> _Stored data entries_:
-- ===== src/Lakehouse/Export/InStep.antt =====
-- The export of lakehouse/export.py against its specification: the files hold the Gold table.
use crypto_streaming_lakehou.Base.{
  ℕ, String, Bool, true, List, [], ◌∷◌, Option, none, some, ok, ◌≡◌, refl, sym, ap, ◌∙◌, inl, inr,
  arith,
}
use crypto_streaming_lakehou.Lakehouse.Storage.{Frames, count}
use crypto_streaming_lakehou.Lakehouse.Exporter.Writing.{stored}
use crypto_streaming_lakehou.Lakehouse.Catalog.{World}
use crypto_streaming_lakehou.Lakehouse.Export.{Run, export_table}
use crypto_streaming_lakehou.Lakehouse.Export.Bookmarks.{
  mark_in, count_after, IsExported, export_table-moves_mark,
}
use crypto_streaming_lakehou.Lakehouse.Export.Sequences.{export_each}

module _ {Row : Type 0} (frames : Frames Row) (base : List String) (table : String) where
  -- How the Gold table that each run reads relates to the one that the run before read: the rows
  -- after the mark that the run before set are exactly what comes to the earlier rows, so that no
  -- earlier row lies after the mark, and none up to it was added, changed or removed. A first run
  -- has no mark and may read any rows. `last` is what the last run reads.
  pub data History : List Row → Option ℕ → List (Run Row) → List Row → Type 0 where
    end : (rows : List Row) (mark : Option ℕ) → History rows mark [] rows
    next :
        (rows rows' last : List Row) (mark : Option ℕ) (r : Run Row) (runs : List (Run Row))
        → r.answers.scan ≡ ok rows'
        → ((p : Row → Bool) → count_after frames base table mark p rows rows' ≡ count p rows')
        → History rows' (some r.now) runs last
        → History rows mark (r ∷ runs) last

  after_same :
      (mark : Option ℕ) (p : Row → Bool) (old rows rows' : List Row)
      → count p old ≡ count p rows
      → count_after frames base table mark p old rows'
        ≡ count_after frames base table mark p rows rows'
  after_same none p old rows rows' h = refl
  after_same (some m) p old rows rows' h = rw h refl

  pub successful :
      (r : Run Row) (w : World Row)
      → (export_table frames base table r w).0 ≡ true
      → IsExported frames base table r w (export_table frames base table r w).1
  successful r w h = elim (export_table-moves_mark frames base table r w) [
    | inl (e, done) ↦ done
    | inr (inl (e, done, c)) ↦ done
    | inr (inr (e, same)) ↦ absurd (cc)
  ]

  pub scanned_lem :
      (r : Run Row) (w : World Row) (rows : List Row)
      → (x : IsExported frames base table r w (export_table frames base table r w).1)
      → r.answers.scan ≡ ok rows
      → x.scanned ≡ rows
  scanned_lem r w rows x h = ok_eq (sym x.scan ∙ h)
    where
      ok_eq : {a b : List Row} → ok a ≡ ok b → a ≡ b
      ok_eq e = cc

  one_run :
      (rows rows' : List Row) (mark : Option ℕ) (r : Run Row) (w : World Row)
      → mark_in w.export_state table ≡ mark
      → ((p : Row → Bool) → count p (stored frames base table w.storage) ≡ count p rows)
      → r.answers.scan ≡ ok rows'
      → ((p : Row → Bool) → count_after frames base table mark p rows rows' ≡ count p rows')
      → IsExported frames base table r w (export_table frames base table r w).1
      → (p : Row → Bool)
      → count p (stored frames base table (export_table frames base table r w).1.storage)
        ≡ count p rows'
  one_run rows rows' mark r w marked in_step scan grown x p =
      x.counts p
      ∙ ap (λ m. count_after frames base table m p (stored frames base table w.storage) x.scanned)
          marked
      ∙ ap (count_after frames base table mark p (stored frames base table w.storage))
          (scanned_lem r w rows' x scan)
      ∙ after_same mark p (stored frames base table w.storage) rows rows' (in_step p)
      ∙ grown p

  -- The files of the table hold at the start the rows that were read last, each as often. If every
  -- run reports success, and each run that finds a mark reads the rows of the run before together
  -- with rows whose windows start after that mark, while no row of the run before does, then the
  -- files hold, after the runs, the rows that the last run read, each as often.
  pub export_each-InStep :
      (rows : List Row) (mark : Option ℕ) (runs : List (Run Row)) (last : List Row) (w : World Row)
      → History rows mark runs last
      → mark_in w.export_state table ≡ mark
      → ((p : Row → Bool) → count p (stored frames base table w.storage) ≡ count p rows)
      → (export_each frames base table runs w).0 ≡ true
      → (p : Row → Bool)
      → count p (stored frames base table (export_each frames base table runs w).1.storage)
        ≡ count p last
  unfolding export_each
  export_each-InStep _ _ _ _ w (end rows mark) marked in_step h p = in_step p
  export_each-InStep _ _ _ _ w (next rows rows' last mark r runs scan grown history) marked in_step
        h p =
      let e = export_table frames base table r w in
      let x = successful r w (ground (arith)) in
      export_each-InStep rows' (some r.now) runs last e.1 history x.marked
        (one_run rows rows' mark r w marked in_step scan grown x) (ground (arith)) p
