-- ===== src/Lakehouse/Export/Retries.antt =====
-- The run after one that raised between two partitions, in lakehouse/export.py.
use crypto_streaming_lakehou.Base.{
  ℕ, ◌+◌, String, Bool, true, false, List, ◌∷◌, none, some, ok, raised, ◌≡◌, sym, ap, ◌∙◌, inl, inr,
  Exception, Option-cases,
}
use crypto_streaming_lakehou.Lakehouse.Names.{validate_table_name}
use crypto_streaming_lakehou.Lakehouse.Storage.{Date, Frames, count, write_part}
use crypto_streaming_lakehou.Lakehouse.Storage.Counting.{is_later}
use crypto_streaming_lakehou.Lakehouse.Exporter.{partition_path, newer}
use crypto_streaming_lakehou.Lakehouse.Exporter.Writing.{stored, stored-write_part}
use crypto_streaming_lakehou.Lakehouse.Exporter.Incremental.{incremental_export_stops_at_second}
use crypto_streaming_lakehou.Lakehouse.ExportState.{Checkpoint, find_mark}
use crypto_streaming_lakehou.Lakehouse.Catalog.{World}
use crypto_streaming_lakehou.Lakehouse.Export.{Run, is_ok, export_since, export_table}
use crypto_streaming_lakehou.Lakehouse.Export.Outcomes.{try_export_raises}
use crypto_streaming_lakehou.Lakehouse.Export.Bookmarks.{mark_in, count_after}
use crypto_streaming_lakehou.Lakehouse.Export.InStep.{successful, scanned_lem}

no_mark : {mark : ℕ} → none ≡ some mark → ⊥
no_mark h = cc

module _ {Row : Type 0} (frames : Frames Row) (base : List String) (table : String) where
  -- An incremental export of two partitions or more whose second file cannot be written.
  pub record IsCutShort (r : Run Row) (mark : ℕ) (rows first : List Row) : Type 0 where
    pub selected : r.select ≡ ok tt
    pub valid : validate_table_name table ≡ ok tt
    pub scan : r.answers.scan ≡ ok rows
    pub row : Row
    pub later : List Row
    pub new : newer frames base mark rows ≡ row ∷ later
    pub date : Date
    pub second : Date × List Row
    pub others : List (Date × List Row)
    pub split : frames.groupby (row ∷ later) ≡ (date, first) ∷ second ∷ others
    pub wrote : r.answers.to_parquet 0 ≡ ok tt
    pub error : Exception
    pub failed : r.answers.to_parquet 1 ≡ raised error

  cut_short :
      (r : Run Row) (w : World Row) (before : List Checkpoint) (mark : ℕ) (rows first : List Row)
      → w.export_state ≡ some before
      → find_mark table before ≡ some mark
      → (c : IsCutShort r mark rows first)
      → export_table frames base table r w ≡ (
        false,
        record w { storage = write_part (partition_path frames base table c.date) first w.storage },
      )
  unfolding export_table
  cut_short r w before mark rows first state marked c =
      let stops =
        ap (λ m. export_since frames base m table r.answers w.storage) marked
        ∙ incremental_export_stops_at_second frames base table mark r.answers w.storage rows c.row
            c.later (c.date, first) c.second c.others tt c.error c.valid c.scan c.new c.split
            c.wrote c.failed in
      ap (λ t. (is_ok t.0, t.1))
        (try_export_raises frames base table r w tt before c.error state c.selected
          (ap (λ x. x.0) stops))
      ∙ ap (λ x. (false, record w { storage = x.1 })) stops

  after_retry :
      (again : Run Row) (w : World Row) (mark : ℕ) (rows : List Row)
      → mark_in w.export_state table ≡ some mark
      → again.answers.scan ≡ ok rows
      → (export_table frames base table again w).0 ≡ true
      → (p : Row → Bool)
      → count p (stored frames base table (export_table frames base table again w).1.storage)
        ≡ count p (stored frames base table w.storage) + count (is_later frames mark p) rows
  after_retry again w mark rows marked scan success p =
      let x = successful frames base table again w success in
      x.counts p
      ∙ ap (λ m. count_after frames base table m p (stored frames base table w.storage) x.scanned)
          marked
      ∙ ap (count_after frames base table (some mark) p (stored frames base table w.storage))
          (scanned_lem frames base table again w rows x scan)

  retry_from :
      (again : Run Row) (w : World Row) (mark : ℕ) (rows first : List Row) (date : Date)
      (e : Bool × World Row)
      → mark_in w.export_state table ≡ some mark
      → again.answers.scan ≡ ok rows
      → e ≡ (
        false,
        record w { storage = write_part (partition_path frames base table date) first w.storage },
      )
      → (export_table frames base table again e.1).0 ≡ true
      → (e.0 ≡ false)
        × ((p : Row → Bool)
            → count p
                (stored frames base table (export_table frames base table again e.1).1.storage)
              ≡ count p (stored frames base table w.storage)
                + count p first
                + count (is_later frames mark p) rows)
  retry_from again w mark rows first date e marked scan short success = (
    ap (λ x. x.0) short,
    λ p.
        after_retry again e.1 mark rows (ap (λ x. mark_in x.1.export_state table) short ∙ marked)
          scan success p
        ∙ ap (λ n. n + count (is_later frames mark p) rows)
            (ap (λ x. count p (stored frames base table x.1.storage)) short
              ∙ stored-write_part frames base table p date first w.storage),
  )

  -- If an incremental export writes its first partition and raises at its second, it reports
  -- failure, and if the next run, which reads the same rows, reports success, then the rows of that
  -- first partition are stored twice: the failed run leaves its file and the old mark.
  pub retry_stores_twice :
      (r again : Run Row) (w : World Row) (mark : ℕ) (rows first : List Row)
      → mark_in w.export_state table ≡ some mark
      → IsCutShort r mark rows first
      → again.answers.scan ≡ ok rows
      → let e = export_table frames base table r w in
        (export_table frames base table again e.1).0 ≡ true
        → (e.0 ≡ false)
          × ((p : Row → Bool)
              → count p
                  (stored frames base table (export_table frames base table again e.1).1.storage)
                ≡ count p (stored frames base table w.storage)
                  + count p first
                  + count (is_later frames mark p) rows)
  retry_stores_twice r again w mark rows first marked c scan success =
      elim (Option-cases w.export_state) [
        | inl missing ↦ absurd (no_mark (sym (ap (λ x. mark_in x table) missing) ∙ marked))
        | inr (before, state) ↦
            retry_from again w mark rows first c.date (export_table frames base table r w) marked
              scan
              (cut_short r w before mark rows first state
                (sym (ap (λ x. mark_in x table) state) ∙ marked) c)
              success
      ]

> _Task goal_:
Report each line above that includes the string "next".

> _Output for this exercise_:
    next :
  export_each-InStep _ _ _ _ w (next rows rows' last mark r runs scan grown history) marked in_step
  -- failure, and if the next run, which reads the same rows, reports success, then the rows of that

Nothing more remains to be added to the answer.